Estimation of Embryo Center Position and Measurement of EVL Surface Projections, Related to STAR Methods

(A and B) Estimation of embryo center position. Side views of the animal pole hemisphere were obtained from two perpendicular directions in the two-photon microscope stack as maximum intensity projections (A). A circle was fitted along the arc of this hemisphere projection (red dotted line), and the center of the fitted circle was used to estimate the embryo center (B).

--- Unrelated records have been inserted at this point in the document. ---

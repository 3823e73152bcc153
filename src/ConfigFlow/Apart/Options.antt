-- ===== src/ConfigFlow/Apart/Options.antt =====
-- The options form of config_flow.py keeps the entries apart.
use staykey_ha_plugin.Prelude.{
  String, ◌≡◌, ◌≢◌, ◌⊎◌, inl, inr, refl, sym, ap, ◌∙◌, subst, not, ◌&&◌, Option, none, some, List,
  map, ◌==◌, eq_iff, arith, Bool-cases, if◌then◌else◌,
}
use staykey_ha_plugin.Python.Text.{strip_twice}
use staykey_ha_plugin.Python.Value.{str, Fields, get, get-put}
use staykey_ha_plugin.ConfigFlow.Entries.{
  ConfigEntry, token_key, current_token, token_in_use_elsewhere,
}
use staykey_ha_plugin.ConfigFlow.{typed_token, with_token, moved_id, step_init}
use staykey_ha_plugin.ConfigFlow.Changes.{changed, with_options, SavedOptions, or_kept_id}
use staykey_ha_plugin.ConfigFlow.Apart.{
  AreApart, changed-AreApart, owns-changed, current_token-saved, typed_token-strip,
}

-- A form is sent with a text in the field that it requires.
abbrev pub IsTyped : Fields → Type 0
IsTyped input = (t : String) × (get token_key input ≡ some (str t)) × (t ≢ "")

abbrev saved_form : Fields → Fields
saved_form input = if typed_token input == "" then input else with_token (typed_token input) input

current_token-saved_form :
    (e : ConfigEntry) (input : Fields)
    → IsTyped input
    → e.options ≡ saved_form input
    → current_token e ≡ typed_token input
current_token-saved_form e input (t, typed, filled) saved =
    elim (Bool-cases (typed_token input == "")) [
      | inl blank ↦
          let o : e.options ≡ input = saved ∙ rw blank in
          current_token-saved e t (ap (get token_key) o ∙ typed) filled
          ∙ sym (typed_token-strip input t typed)
      | inr text ↦
          let new = typed_token input in
          let o : e.options ≡ with_token new input = saved ∙ rw text in
          let found : get token_key e.options ≡ some (str new) =
            ap (get token_key) o ∙ get-put token_key token_key (str new) input in
          current_token-saved e new found (λ blank. cc ((eq_iff new "").1 blank))
          ∙ (rw (typed_token-strip input t typed) (strip_twice t))
    ]

pub known_by :
    (id : Option String) (new : String) (old : Option String)
    → (id ≡ none) ⊎ (id ≡ some new)
    → (or_kept_id id old ≡ old) ⊎ (or_kept_id id old ≡ some new)
known_by id new old (inl e) = inl (rw e)
known_by id new old (inr e) = inr (rw e)

moved_id-cases :
    (entry : ConfigEntry) (new : String)
    → (moved_id entry new ≡ none) ⊎ (moved_id entry new ≡ some new)
moved_id-cases entry new = elim (Bool-cases (not (new == "") && not (new == current_token entry))) [
  | inl moves ↦ inr (rw moves)
  | inr stays ↦ inl (rw stays)
]

-- Saving the options leaves the entries apart.
pub step_init-AreApart :
    (entry : ConfigEntry) (input : Fields) (before after : List ConfigEntry)
    → IsTyped input
    → SavedOptions entry
        (step_init before entry (some input)).0
        (step_init before entry (some input)).1
        before
        after
    → AreApart before
    → AreApart after
unfolding step_init
step_init-AreApart entry input before after typed saved a =
    let new = typed_token input in
    let f = with_options (moved_id entry new) (saved_form input) in
    elim (Bool-cases (not (new == "") && token_in_use_elsewhere before new (some entry.entry_id))) [
      | inl taken ↦
          let same : after ≡ before = rw (taken, step_init) at saved in subst AreApart (sym same) a
      | inr free ↦
          let e : after ≡ map (changed entry.entry_id f) before = rw (free, step_init) at saved in
          subst AreApart (sym e) (
            changed-AreApart entry.entry_id new f (λ e. refl)
              (λ token e filled other h.
                owns-changed token new e (f e) (current_token-saved_form (f e) input typed refl)
                  (known_by (moved_id entry new) new e.unique_id (moved_id-cases entry new)) other
                  h)
              before (λ filled. ground (arith, eq_iff new "", free, filled)) a)
    ]
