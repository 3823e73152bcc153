-- ===== src/ConfigFlow/Apart/Reauth.antt =====
-- The form of config_flow.py that replaces a token keeps the entries apart.
use staykey_ha_plugin.Prelude.{
  String, ◌≡◌, ◌≢◌, inl, inr, refl, sym, ap, ◌∙◌, subst, false, Option, none, some, List, map, ◌==◌,
  eq_iff, Bool-cases, Option-cases,
}
use staykey_ha_plugin.Python.Text.{strip}
use staykey_ha_plugin.Python.Value.{str, Fields, end, field, get, put, get-put}
use staykey_ha_plugin.Gateway.Auth.{
  Outcome, auth_ok, auth_invalid, auth_integration_disabled, auth_cannot_connect,
}
use staykey_ha_plugin.ConfigFlow.Entries.{
  ConfigEntry, url_key, default_url, token_key, chosen, current_token, token_in_use_elsewhere,
}
use staykey_ha_plugin.ConfigFlow.{
  FlowResult, replaced_options, checked_reauth, typed_token, with_token, step_reauth_confirm,
}
use staykey_ha_plugin.ConfigFlow.Changes.{changed, with_updates, Saved}
use staykey_ha_plugin.ConfigFlow.Apart.{
  AreApart, changed-AreApart, owns-changed, current_token-saved,
}
use staykey_ha_plugin.ConfigFlow.Apart.Checked.{current_token-set_up, strip-typed_token}

abbrev reauthorised : String → ConfigEntry → ConfigEntry → ConfigEntry
reauthorised new entry =
    with_updates (some new) (field token_key (str new) end)
      (some (replaced_options new entry.options))

current_token-reauthorised :
    (new : String) (entry e : ConfigEntry)
    → new ≢ ""
    → strip new ≡ new
    → current_token (reauthorised new entry e) ≡ new
current_token-reauthorised new entry e filled clean =
    let set_up : get token_key (put token_key (str new) e.setup) ≡ some (str new) =
      get-put token_key token_key (str new) e.setup in
    elim (Option-cases (get token_key entry.options)) [
      | inl missing ↦
          let kept : replaced_options new entry.options ≡ entry.options =
            rw (missing, replaced_options) in
          current_token-set_up (reauthorised new entry e) new (ap (get token_key) kept ∙ missing)
            set_up filled
          ∙ clean
      | inr (old, found) ↦
          let put_in : replaced_options new entry.options ≡ with_token new entry.options =
            rw (found, replaced_options) in
          current_token-saved (reauthorised new entry e) new
            (ap (get token_key) put_in ∙ get-put token_key token_key (str new) entry.options) filled
          ∙ clean
    ]

module _ (before : List ConfigEntry) (stops : String → Option String)
    (answer : String → String → Outcome) (entry : ConfigEntry) where
  -- The step for a new token, while no other flow changes the entries.
  abbrev pub reauth_result : Option Fields → FlowResult
  reauth_result input =
      (step_reauth_confirm {S = Unit {0}} (λ _. before) (λ t s. (stops t, s))
        (λ u t s. (answer u t, s)) entry input tt).0

  abbrev reauth_checked : Fields → FlowResult
  reauth_checked input =
      (checked_reauth {S = Unit {0}} (λ _. before) (λ t s. (stops t, s)) (λ u t s. (answer u t, s))
        entry input (typed_token input) tt).0

module _ (before after : List ConfigEntry) (stops : String → Option String)
    (answer : String → String → Outcome) (entry : ConfigEntry) where
  unchanged : after ≡ before → AreApart before → AreApart after
  unchanged same a = subst AreApart (sym same) a

  abbrev replaced : Fields → List ConfigEntry
  replaced input = map (changed entry.entry_id (reauthorised (typed_token input) entry)) before

  replaced-AreApart :
      (input : Fields)
      → typed_token input ≢ ""
      → token_in_use_elsewhere before (typed_token input) (some entry.entry_id) ≡ false
      → after ≡ replaced input
      → AreApart before
      → AreApart after
  replaced-AreApart input filled free e a =
      let new = typed_token input in
      let f = reauthorised new entry in
      subst AreApart (sym e) (
        changed-AreApart entry.entry_id new f (λ e. refl)
          (λ token e _ other h.
            owns-changed token new e (f e)
              (current_token-reauthorised new entry e filled (strip-typed_token input)) (inr refl)
              other h)
          before (λ _. free) a)

  checked_reauth-AreApart :
      (input : Fields) (o : Outcome)
      → answer (chosen url_key default_url entry.options entry.setup) (typed_token input) ≡ o
      → typed_token input ≢ ""
      → token_in_use_elsewhere before (typed_token input) (some entry.entry_id) ≡ false
      → Saved (reauth_checked before stops answer entry input) before after
      → AreApart before
      → AreApart after
  unfolding checked_reauth
  checked_reauth-AreApart input auth_ok e filled free saved a =
      replaced-AreApart input filled free (rw (e, checked_reauth, Saved) at saved) a
  checked_reauth-AreApart input auth_invalid e filled free saved a =
      unchanged (rw (e, checked_reauth, Saved) at saved) a
  checked_reauth-AreApart input auth_integration_disabled e filled free saved a =
      unchanged (rw (e, checked_reauth, Saved) at saved) a
  checked_reauth-AreApart input auth_cannot_connect e filled free saved a =
      unchanged (rw (e, checked_reauth, Saved) at saved) a

  pub step_reauth_confirm-AreApart :
      (input : Option Fields)
      → Saved (reauth_result before stops answer entry input) before after
      → AreApart before
      → AreApart after
  unfolding step_reauth_confirm
  step_reauth_confirm-AreApart none saved a = unchanged saved a
  step_reauth_confirm-AreApart (some input) saved a =
      let new = typed_token input in
      elim (Bool-cases (new == "")) [
        | inl blank ↦ unchanged (rw (blank, step_reauth_confirm, reauth_result, Saved) at saved) a
        | inr text ↦ elim (Bool-cases (new == current_token entry)) [
          | inl same ↦
              let e : after ≡ map (changed entry.entry_id (with_updates none end none)) before =
                rw (text, same, step_reauth_confirm, reauth_result, Saved) at saved in
              subst AreApart (sym e) (
                changed-AreApart entry.entry_id "" (with_updates none end none) (λ e. refl)
                  (λ token e _ _ h. h) before (λ h. absurd (h refl)) a)
          | inr other ↦
              elim (Bool-cases (token_in_use_elsewhere before new (some entry.entry_id))) [
                | inl taken ↦
                    unchanged
                      (rw (text, other, taken, step_reauth_confirm, reauth_result, Saved) at saved)
                      a
                | inr free ↦
                    checked_reauth-AreApart input
                      (answer (chosen url_key default_url entry.options entry.setup) new) refl
                      (λ e. cc ((eq_iff new "").1 e)) free
                      (rw (text, other, free, step_reauth_confirm, reauth_result, Saved) at saved) a
              ]
        ]
      ]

(C-K) Image processing of EVL surface projections. Z-stack images obtained by two-photon microscopy were first processed by binarization (C and D). The outline of each image slice was detected and its size was reduced by the expected thickness of surface cells (E and F). The detected and reduced outline was applied to the original image slice, and the inner area of this outline was filled with black color (G and H). After processing the entire stack with this method, they were superimposed by maximum intensity projection (I). The resultant projection image shows clearer surface cell outlines compared to a projection image from an unprocessed stack. (J-K'). White rectangle regions in (J) and (K) are magnified in (J') and (K'), respectively.